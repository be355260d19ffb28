-- ===== src/Pricing/Charges/Tiers.antt =====
-- The intervals of a card that was accepted.
use mathlib.Core.Path.{subst}
use lite_api.Common.{
  ℕ, ◌+◌, eq_iff, ◌≤◌, ◌<◌, ltb, ◌==◌, nat_eq, string_eq, text_eq, ◌≡◌, refl, sym, ap, ◌∙◌, ◌≢◌,
  ◌⊎◌, inl, inr, Text, Bool, true, false, not, ◌&&◌, ◌||◌, List, [], ◌∷◌, Option, none, some, In,
  length, Bool-cases, arith,
}
use lite_api.Common.Errors.{ok, >>=-eq-ok, fail_if-eq-ok}
use lite_api.Models.{supported_platform}
use lite_api.Pricing.Cards.Intervals.{
  Card, Interval, good_max, good_bounds, overlaps_max, overlaps_previous, checked_interval, clashes,
  checked_intervals, insert_interval, sort_intervals, is_set,
}
use lite_api.Pricing.Cards.Validation.{
  Names, with_defaults, known_mode, set_time, has_time, validate_set_time, checked_models,
  checked_prices, checked_card, checked_cards, validate_model_prices,
}
use lite_api.Pricing.Charges.Tokens.{below_max, holds, interval_at}
use lite_api.Pricing.Periods.{Moment}

-- The bound `m` of an interval stands above its minimum.
abbrev EndsAt : Interval → ℕ → Type 0
EndsAt iv m = iv.max_tokens ≡ some m

checked_interval-bound :
    (stats : Bool) (iv : Interval) (m : ℕ)
    → checked_interval stats iv ≡ ok tt
    → EndsAt iv m
    → iv.min_tokens < m
unfolding checked_interval good_bounds good_max
checked_interval-bound stats iv m h e =
    let (good, _) = fail_if-eq-ok (not (good_bounds iv)) _ _ h in ground arith

overlaps_max-previous :
    (o : Option ℕ) (min : ℕ) → overlaps_max o min ≡ false → (m : ℕ) × (o ≡ some m) × (m ≤ min)
unfolding overlaps_max
overlaps_max-previous none min h = absurd cc
overlaps_max-previous (some m) min h = (m, refl, ground arith)

-- Each interval starts where the one before ends, or later.
checked_intervals-after :
    (stats : Bool) (ivs : List Interval) (previous : Interval) (labels : List Text) (iv : Interval)
    → checked_intervals stats true (some previous) labels ivs ≡ ok tt
    → In iv ivs
    → (m : ℕ) × EndsAt previous m × (m ≤ iv.min_tokens)
unfolding checked_intervals clashes overlaps_previous
checked_intervals-after stats [] previous labels iv h m = elim m [ ]
checked_intervals-after stats (j ∷ js) previous labels iv h m =
    let (one, e, h1) = >>=-eq-ok (checked_interval stats j) _ h in
    let (clear, h2) = fail_if-eq-ok (clashes true (some previous) labels j) _ _ h1 in
    let (end, f, g) = overlaps_max-previous previous.max_tokens j.min_tokens clear in
    elim m [
      | inl same ↦ (end, f, ground arith)
      | inr later ↦
          let (next, f', g') = checked_intervals-after stats js j _ iv h2 later in
          let long = checked_interval-bound stats j next e f' in (end, f, omega arith)
    ]

-- No two intervals of the list hold the same context.
abbrev AreDisjoint : List Interval → Type 0
AreDisjoint ivs =
    (context : ℕ) (a b : Interval)
    → In a ivs
    → In b ivs
    → holds context a ≡ true
    → holds context b ≡ true
    → a ≡ b

holds-after :
    (context m : ℕ) (a b : Interval)
    → EndsAt a m
    → m ≤ b.min_tokens
    → holds context a ≡ true
    → holds context b ≢ true
unfolding holds below_max
holds-after context m a b e p h k = ground arith

checked_intervals-AreDisjoint :
    (stats : Bool) (ivs : List Interval) (previous : Option Interval) (labels : List Text)
    → checked_intervals stats true previous labels ivs ≡ ok tt
    → AreDisjoint ivs
unfolding checked_intervals
checked_intervals-AreDisjoint stats [] previous labels h context a b i j p q = elim i [ ]
checked_intervals-AreDisjoint stats (iv ∷ ivs) previous labels h context a b i j p q =
    let (one, e, h1) = >>=-eq-ok (checked_interval stats iv) _ h in
    let (clear, h2) = fail_if-eq-ok (clashes true previous labels iv) _ _ h1 in
    elim i [
      | inl same ↦ elim j [
        | inl same' ↦ same ∙ sym same'
        | inr later ↦
            let (m, f, g) = checked_intervals-after stats ivs iv _ b h2 later in
            absurd (holds-after context m a b (ground (arith, f, same)) g p q)
      ]
      | inr earlier ↦ elim j [
        | inl same' ↦
            let (m, f, g) = checked_intervals-after stats ivs iv _ a h2 earlier in
            absurd (holds-after context m b a (ground (arith, f, same')) g q p)
        | inr later ↦ checked_intervals-AreDisjoint stats ivs _ _ h2 context a b earlier later p q
      ]
    ]

insert_interval-In :
    (a iv : Interval) (ivs : List Interval) → (a ≡ iv) ⊎ In a ivs → In a (insert_interval iv ivs)
unfolding insert_interval
insert_interval-In a iv [] m = m
insert_interval-In a iv (j ∷ js) m = elim (Bool-cases (ltb j.min_tokens iv.min_tokens)) [
  | inl e ↦ rw (e) (elim m [
    | inl same ↦ inr (insert_interval-In a iv js (inl same))
    | inr (inl same) ↦ inl same
    | inr (inr later) ↦ inr (insert_interval-In a iv js (inr later))
  ])
  | inr e ↦ rw (e) m
]

sort_intervals-In : (a : Interval) (ivs : List Interval) → In a ivs → In a (sort_intervals ivs)
unfolding sort_intervals
sort_intervals-In a [] m = m
sort_intervals-In a (iv ∷ ivs) (inl same) = insert_interval-In a iv (sort_intervals ivs) (inl same)
sort_intervals-In a (iv ∷ ivs) (inr later) =
    insert_interval-In a iv (sort_intervals ivs) (inr (sort_intervals-In a ivs later))

interval_at-found :
    (context : ℕ) (iv : Interval) (ivs : List Interval)
    → In iv ivs
    → holds context iv ≡ true
    → (j : Interval) × (interval_at context ivs ≡ some j) × In j ivs × (holds context j ≡ true)
unfolding interval_at
interval_at-found context iv [] m h = elim m [ ]
interval_at-found context iv (j ∷ js) m h = elim (Bool-cases (holds context j)) [
  | inl e ↦ (j, rw (e) refl, inl refl, e)
  | inr e ↦ elim m [
    | inl same ↦ absurd (ground (arith, same))
    | inr later ↦
        let (k, f, i, g) = interval_at-found context iv js later h in (k, rw (e) f, inr i, g)
  ]
]

interval_at-AreDisjoint :
    (context : ℕ) (iv : Interval) (ivs : List Interval)
    → AreDisjoint (sort_intervals ivs)
    → In iv ivs
    → holds context iv ≡ true
    → interval_at context ivs ≡ some iv
interval_at-AreDisjoint context iv ivs d m h =
    let (j, e, n, k) = interval_at-found context iv ivs m h in
    e ∙ ap some (d context j iv (sort_intervals-In j ivs n) (sort_intervals-In iv ivs m) k h)

checked_card-intervals :
    (at : Moment) (stats : Bool) (names : Names) (raw p : Card) {first : Card × Names}
    → checked_card at stats names raw ≡ ok first
    → p ≡ first.0
    → p.billing_mode ≡ "token"
    → checked_intervals stats true none [] (sort_intervals p.intervals) ≡ ok tt
unfolding checked_card
checked_card-intervals at stats names raw p {first} h here token =
    let q = with_defaults raw in
    let time = set_time q.time_pricing in
    let (_, h1) = fail_if-eq-ok (not (supported_platform q.platform)) _ _ h in
    let (_, h2) = fail_if-eq-ok (not (known_mode q.billing_mode)) _ _ h1 in
    let (_, h3) = fail_if-eq-ok (length q.models == 0 || ltb 100 (length q.models)) _ _ h2 in
    let (t, _, h4) = >>=-eq-ok (checked_models names q.platform q.models) _ h3 in
    let (_, _, h5) = >>=-eq-ok (checked_prices stats q) _ h4 in
    let (_, h6) =
      fail_if-eq-ok
        (not (q.billing_mode == "token") && not (is_set q.per_request) && length q.intervals == 0) _
        _ h5 in
    let (_, h7) =
      fail_if-eq-ok (has_time time && (not (q.billing_mode == "token") || stats)) _ _ h6 in
    let (_, _, h8) = >>=-eq-ok (validate_set_time at time) _ h7 in
    let (_, h9) =
      fail_if-eq-ok (stats && (is_set q.fast || is_set q.flex || is_set q.image_input)) _ _ h8 in
    let (_, h10) = fail_if-eq-ok (ltb 100 (length q.intervals)) _ _ h9 in
    let (one, e, h11) =
      >>=-eq-ok
        (checked_intervals stats (q.billing_mode == "token") none [] (sort_intervals q.intervals)) _
        h10 in
    let taken : (record q { time_pricing = time }, t) ≡ first = ground arith in
    let same : record q { time_pricing = time } ≡ p = ap (λ f. f.0) taken ∙ sym here in
    let token' : (q.billing_mode == "token") ≡ true =
      (eq_iff q.billing_mode "token").1 (ap (λ c. c.billing_mode) same ∙ token) in
    subst (λ c. checked_intervals stats true none [] (sort_intervals c.intervals) ≡ ok tt) same
      (subst (λ b. checked_intervals stats b none [] (sort_intervals q.intervals) ≡ ok tt) token' e)

checked_cards-intervals :
    (at : Moment) (stats : Bool) (raws : List Card) (total : ℕ) (names : Names) {cards : List Card}
    (p : Card)
    → checked_cards at stats total names raws ≡ ok cards
    → In p cards
    → p.billing_mode ≡ "token"
    → checked_intervals stats true none [] (sort_intervals p.intervals) ≡ ok tt
unfolding checked_cards
checked_cards-intervals at stats [] total names {cards} p h m token =
    let none_left : cards ≡ [] = ground arith in elim (subst (In p) none_left m) [ ]
checked_cards-intervals at stats (raw ∷ raws) total names {cards} p h m token =
    let (_, h1) = fail_if-eq-ok (ltb 2000 (total + length raw.models)) _ _ h in
    let (first, e, h2) = >>=-eq-ok (checked_card at stats names raw) _ h1 in
    let (rest, f, h3) =
      >>=-eq-ok (checked_cards at stats (total + length raw.models) first.1 raws) _ h2 in
    let same : cards ≡ first.0 ∷ rest = ground arith in
    elim (subst (In p) same m) [
      | inl here ↦ checked_card-intervals at stats names raw p e here token
      | inr later ↦ checked_cards-intervals at stats raws _ _ p f later token
    ]

-- The intervals of an accepted card that charges by tokens do not overlap: an interval that holds the
-- context is the one that the price is taken from, wherever it stands in the list.
pub validate_model_prices-interval_at :
    (at : Moment) (stats : Bool) (raws cards : List Card) (p : Card) (context : ℕ) (iv : Interval)
    → validate_model_prices at stats raws ≡ ok cards
    → In p cards
    → p.billing_mode ≡ "token"
    → In iv p.intervals
    → holds context iv ≡ true
    → interval_at context p.intervals ≡ some iv
unfolding validate_model_prices
validate_model_prices-interval_at at stats raws cards p context iv h m token n k =
    let (_, h1) = fail_if-eq-ok (ltb 1000 (length raws)) _ _ h in
    let accepted = checked_cards-intervals at stats raws 0 [] p h1 m token in
    interval_at-AreDisjoint context iv p.intervals
      (checked_intervals-AreDisjoint stats (sort_intervals p.intervals) none [] accepted) n k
++++++++++++++++++++
# Assignment:
Look above for the line that contains "(stats : Bool) (ivs : List Interval) (previous : Interval)". Starting there, transcribe every line exactly until you have copied the line that contains "let (m, f, g) = checked_intervals-after stats ivs iv _ b".

# Response:
    (stats : Bool) (ivs : List Interval) (previous : Interval) (labels : List Text) (iv : Interval)
    → checked_intervals stats true (some previous) labels ivs ≡ ok tt
    → In iv ivs
    → (m : ℕ) × EndsAt previous m × (m ≤ iv.min_tokens)
unfolding checked_intervals clashes overlaps_previous
checked_intervals-after stats [] previous labels iv h m = elim m [ ]
checked_intervals-after stats (j ∷ js) previous labels iv h m =
    let (one, e, h1) = >>=-eq-ok (checked_interval stats j) _ h in
    let (clear, h2) = fail_if-eq-ok (clashes true (some previous) labels j) _ _ h1 in
    let (end, f, g) = overlaps_max-previous previous.max_tokens j.min_tokens clear in
    elim m [
      | inl same ↦ (end, f, ground arith)
      | inr later ↦
          let (next, f', g') = checked_intervals-after stats js j _ iv h2 later in
          let long = checked_interval-bound stats j next e f' in (end, f, omega arith)
    ]

-- No two intervals of the list hold the same context.
abbrev AreDisjoint : List Interval → Type 0
AreDisjoint ivs =
    (context : ℕ) (a b : Interval)
    → In a ivs
    → In b ivs
    → holds context a ≡ true
    → holds context b ≡ true
    → a ≡ b

holds-after :
    (context m : ℕ) (a b : Interval)
    → EndsAt a m
    → m ≤ b.min_tokens
    → holds context a ≡ true
    → holds context b ≢ true
unfolding holds below_max
holds-after context m a b e p h k = ground arith

checked_intervals-AreDisjoint :
    (stats : Bool) (ivs : List Interval) (previous : Option Interval) (labels : List Text)
    → checked_intervals stats true previous labels ivs ≡ ok tt
    → AreDisjoint ivs
unfolding checked_intervals
checked_intervals-AreDisjoint stats [] previous labels h context a b i j p q = elim i [ ]
checked_intervals-AreDisjoint stats (iv ∷ ivs) previous labels h context a b i j p q =
    let (one, e, h1) = >>=-eq-ok (checked_interval stats iv) _ h in
    let (clear, h2) = fail_if-eq-ok (clashes true previous labels iv) _ _ h1 in
    elim i [
      | inl same ↦ elim j [
        | inl same' ↦ same ∙ sym same'
        | inr later ↦
            let (m, f, g) = checked_intervals-after stats ivs iv _ b h2 later in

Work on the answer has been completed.